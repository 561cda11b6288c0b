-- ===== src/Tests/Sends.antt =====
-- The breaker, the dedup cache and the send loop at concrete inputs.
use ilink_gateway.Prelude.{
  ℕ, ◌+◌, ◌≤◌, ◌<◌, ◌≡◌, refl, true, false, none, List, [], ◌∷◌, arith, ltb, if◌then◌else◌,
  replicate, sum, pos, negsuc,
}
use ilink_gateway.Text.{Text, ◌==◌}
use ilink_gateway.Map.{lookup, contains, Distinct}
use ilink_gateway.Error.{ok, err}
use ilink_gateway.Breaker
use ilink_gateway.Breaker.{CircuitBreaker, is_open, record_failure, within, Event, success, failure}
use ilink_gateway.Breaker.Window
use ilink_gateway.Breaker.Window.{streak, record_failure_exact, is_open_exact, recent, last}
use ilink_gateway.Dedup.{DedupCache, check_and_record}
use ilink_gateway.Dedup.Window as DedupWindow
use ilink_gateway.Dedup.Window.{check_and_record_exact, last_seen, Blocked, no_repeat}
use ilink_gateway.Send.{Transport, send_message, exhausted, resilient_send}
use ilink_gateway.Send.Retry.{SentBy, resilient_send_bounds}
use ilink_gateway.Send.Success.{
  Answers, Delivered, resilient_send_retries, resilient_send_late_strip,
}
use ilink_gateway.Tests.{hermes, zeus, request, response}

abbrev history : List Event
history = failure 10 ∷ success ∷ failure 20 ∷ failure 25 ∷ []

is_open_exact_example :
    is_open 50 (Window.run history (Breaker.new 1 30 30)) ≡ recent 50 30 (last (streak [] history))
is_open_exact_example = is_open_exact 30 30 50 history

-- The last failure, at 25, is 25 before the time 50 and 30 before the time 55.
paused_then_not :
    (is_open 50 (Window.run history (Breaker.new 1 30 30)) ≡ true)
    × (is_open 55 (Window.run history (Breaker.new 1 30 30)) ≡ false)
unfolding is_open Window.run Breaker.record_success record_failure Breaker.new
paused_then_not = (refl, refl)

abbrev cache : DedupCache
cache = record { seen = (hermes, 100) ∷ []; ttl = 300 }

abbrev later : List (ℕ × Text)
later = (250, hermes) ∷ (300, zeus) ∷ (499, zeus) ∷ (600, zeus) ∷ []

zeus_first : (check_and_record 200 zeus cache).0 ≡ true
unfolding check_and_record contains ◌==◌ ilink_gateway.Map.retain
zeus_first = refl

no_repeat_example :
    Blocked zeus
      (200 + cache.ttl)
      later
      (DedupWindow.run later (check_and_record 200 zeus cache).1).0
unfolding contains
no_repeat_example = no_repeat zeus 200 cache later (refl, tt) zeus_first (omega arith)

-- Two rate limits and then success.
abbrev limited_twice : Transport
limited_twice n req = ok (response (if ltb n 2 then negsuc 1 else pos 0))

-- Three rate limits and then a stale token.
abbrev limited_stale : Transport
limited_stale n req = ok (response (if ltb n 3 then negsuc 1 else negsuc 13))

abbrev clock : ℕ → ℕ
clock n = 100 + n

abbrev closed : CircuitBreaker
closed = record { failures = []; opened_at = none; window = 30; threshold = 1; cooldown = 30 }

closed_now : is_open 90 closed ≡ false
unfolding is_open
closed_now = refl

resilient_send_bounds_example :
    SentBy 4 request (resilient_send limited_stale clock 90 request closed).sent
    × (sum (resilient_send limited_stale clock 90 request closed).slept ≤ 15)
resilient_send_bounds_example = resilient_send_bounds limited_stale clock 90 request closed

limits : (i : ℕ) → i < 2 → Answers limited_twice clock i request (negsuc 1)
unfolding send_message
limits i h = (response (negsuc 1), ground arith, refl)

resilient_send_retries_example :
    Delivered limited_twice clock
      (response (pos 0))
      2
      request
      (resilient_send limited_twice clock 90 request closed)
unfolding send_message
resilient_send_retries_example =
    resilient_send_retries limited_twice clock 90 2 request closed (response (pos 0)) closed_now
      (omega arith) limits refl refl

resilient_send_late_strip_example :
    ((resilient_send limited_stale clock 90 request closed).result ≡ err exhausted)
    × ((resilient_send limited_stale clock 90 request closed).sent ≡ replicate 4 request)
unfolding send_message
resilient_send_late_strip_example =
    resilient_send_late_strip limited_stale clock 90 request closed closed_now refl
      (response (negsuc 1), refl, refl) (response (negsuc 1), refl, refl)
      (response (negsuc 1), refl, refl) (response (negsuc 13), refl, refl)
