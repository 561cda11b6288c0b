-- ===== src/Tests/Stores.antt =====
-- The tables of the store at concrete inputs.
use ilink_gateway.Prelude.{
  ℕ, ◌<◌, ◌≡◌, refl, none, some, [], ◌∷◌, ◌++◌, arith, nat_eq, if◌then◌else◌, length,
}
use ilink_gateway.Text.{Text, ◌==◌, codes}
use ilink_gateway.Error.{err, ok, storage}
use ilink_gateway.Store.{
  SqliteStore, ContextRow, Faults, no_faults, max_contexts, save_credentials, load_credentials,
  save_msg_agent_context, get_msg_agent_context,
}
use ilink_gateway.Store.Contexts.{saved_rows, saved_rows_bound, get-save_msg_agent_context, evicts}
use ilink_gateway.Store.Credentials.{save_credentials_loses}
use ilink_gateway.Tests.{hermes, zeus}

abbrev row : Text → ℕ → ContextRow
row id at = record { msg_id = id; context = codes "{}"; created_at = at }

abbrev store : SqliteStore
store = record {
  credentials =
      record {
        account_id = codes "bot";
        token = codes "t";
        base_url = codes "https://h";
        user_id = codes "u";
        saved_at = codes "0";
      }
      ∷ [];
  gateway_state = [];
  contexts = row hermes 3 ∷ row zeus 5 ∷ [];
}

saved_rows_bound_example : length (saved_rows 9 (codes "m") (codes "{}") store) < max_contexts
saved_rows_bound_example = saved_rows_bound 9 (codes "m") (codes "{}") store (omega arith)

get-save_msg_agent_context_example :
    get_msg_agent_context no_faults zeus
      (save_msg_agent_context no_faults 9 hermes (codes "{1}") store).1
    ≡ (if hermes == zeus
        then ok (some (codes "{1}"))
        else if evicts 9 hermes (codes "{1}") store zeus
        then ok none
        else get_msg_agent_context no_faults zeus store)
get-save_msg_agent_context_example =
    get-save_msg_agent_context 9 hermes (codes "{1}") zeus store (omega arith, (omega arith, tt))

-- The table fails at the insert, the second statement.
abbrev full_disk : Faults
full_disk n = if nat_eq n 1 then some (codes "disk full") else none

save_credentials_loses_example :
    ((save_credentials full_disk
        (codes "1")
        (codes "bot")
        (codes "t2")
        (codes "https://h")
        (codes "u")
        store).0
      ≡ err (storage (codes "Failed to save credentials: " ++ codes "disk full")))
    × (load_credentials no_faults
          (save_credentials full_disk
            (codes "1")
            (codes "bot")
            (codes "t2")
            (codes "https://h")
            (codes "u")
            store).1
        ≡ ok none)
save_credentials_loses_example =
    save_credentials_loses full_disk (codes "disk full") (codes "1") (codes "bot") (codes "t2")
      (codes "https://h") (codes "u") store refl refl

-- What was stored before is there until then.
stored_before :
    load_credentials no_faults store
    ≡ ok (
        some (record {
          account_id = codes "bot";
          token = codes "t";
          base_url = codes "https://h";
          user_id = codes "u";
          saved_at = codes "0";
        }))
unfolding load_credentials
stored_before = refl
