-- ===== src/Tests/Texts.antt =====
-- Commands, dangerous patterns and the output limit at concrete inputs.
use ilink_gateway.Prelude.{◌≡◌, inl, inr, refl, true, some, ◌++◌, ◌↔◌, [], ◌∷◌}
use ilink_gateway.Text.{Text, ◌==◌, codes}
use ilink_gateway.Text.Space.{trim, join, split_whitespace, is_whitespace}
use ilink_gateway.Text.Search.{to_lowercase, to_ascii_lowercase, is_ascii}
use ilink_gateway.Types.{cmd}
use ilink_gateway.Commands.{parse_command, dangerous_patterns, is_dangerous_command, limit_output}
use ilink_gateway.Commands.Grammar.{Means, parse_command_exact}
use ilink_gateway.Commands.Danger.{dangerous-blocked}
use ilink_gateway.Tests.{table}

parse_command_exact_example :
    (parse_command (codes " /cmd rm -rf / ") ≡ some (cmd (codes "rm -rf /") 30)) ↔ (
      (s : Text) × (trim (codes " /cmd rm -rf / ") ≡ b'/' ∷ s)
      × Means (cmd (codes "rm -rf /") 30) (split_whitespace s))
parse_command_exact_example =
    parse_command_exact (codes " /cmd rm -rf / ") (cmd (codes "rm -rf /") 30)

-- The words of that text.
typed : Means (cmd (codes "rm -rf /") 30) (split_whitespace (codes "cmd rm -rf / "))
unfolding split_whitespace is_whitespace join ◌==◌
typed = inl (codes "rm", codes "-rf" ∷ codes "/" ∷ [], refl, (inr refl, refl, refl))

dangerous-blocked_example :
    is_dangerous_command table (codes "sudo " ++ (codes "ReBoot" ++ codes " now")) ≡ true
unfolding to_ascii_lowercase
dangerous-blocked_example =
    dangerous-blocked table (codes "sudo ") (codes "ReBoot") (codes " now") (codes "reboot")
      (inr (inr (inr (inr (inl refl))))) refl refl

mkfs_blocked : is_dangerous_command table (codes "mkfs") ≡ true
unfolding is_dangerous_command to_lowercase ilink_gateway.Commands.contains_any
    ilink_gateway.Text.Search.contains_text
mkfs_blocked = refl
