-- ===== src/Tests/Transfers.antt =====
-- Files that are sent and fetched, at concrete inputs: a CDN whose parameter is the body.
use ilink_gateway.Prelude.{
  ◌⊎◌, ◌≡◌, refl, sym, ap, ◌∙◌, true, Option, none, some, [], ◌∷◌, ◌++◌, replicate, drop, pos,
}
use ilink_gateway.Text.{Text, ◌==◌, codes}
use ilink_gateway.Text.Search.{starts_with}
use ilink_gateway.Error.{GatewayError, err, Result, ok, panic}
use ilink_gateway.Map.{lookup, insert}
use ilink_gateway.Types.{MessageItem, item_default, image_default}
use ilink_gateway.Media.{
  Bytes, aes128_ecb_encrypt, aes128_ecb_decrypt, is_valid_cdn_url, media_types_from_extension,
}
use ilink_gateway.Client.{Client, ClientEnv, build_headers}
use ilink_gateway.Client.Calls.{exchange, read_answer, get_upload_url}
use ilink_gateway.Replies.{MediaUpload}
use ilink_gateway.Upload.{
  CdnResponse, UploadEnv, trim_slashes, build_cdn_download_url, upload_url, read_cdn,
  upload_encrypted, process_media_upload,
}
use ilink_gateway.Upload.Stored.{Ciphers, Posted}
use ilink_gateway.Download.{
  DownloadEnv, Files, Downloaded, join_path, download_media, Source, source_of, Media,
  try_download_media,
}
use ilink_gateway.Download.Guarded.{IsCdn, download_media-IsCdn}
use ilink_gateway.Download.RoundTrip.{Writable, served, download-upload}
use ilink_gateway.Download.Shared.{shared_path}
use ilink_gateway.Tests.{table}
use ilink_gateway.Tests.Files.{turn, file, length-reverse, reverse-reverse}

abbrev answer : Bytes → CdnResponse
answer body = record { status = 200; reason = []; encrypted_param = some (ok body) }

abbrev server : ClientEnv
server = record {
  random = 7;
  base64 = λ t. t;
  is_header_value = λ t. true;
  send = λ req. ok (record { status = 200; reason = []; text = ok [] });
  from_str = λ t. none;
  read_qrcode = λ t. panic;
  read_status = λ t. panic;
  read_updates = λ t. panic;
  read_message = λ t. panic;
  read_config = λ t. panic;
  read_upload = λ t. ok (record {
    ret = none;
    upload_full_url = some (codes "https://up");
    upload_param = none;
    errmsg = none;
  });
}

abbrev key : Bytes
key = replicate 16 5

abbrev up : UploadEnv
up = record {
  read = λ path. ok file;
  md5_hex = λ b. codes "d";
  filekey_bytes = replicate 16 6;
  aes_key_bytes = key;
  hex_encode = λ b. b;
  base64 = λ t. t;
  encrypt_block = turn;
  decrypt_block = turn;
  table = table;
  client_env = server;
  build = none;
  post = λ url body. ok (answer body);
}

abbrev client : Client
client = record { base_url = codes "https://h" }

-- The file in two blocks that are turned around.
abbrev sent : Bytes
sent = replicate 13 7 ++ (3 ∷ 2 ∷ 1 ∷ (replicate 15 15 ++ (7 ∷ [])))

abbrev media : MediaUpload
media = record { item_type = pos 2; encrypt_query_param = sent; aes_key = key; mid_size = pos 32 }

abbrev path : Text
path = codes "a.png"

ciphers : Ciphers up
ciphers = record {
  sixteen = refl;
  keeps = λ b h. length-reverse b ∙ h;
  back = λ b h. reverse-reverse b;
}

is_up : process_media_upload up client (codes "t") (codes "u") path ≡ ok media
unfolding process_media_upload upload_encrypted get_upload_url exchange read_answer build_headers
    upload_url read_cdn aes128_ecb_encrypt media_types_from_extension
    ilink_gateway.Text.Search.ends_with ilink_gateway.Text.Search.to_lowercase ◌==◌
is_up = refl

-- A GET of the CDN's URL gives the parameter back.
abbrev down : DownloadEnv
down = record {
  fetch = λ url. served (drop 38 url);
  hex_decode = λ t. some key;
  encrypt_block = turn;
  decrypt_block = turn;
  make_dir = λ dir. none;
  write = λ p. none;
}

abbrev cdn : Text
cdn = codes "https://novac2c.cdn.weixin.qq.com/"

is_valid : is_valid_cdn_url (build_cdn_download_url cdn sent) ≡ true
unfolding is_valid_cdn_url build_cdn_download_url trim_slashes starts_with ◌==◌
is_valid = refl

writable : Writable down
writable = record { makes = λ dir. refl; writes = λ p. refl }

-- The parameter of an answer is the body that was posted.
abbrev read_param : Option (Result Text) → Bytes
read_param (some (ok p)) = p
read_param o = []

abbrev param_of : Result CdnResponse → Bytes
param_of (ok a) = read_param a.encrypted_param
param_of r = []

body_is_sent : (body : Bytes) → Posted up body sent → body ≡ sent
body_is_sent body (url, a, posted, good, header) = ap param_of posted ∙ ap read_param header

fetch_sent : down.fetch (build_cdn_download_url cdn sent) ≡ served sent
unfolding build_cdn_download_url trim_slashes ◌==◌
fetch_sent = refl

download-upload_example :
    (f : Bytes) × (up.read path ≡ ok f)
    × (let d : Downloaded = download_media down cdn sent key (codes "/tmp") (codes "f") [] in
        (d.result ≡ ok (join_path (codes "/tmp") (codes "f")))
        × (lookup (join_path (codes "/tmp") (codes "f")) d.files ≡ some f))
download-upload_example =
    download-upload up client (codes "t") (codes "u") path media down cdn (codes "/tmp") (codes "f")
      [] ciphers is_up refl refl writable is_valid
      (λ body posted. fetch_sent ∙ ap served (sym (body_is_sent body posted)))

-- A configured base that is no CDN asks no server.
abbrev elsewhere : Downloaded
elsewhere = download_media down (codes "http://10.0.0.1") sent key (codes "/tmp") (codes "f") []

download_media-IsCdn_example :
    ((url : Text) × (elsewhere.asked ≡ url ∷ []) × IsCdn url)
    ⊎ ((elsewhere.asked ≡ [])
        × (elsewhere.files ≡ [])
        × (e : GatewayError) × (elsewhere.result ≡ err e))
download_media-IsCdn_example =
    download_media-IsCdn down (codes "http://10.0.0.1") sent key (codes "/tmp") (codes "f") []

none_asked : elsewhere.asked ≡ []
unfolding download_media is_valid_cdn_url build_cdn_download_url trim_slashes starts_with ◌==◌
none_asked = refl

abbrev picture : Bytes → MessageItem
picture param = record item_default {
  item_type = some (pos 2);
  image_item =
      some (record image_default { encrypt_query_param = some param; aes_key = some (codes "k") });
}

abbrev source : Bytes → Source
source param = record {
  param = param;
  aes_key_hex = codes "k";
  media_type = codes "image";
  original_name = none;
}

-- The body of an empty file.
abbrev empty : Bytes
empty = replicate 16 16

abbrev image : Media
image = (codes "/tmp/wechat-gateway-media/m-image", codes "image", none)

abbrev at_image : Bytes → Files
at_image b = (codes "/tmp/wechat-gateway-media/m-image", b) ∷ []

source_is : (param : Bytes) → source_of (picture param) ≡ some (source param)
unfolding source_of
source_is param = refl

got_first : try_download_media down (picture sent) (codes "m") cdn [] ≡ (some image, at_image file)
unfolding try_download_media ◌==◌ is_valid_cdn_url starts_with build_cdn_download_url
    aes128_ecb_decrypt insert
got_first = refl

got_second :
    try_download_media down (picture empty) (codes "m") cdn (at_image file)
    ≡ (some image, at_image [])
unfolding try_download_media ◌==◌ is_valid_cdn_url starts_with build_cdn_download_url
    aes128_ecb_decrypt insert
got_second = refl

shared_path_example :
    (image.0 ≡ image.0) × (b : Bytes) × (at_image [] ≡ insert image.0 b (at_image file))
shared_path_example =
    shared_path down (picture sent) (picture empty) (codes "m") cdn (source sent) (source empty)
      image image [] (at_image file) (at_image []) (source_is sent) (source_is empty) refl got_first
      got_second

--*--

◆ What is needed: When you reach the line containing "writable = record" in the data above, start copying exactly, and stop after the line containing "d : Downloaded".

◆ Task solution:
writable = record { makes = λ dir. refl; writes = λ p. refl }

-- The parameter of an answer is the body that was posted.
abbrev read_param : Option (Result Text) → Bytes
read_param (some (ok p)) = p
read_param o = []

abbrev param_of : Result CdnResponse → Bytes
param_of (ok a) = read_param a.encrypted_param
param_of r = []

body_is_sent : (body : Bytes) → Posted up body sent → body ≡ sent
body_is_sent body (url, a, posted, good, header) = ap param_of posted ∙ ap read_param header

fetch_sent : down.fetch (build_cdn_download_url cdn sent) ≡ served sent
unfolding build_cdn_download_url trim_slashes ◌==◌
fetch_sent = refl

download-upload_example :
    (f : Bytes) × (up.read path ≡ ok f)
    × (let d : Downloaded = download_media down cdn sent key (codes "/tmp") (codes "f") [] in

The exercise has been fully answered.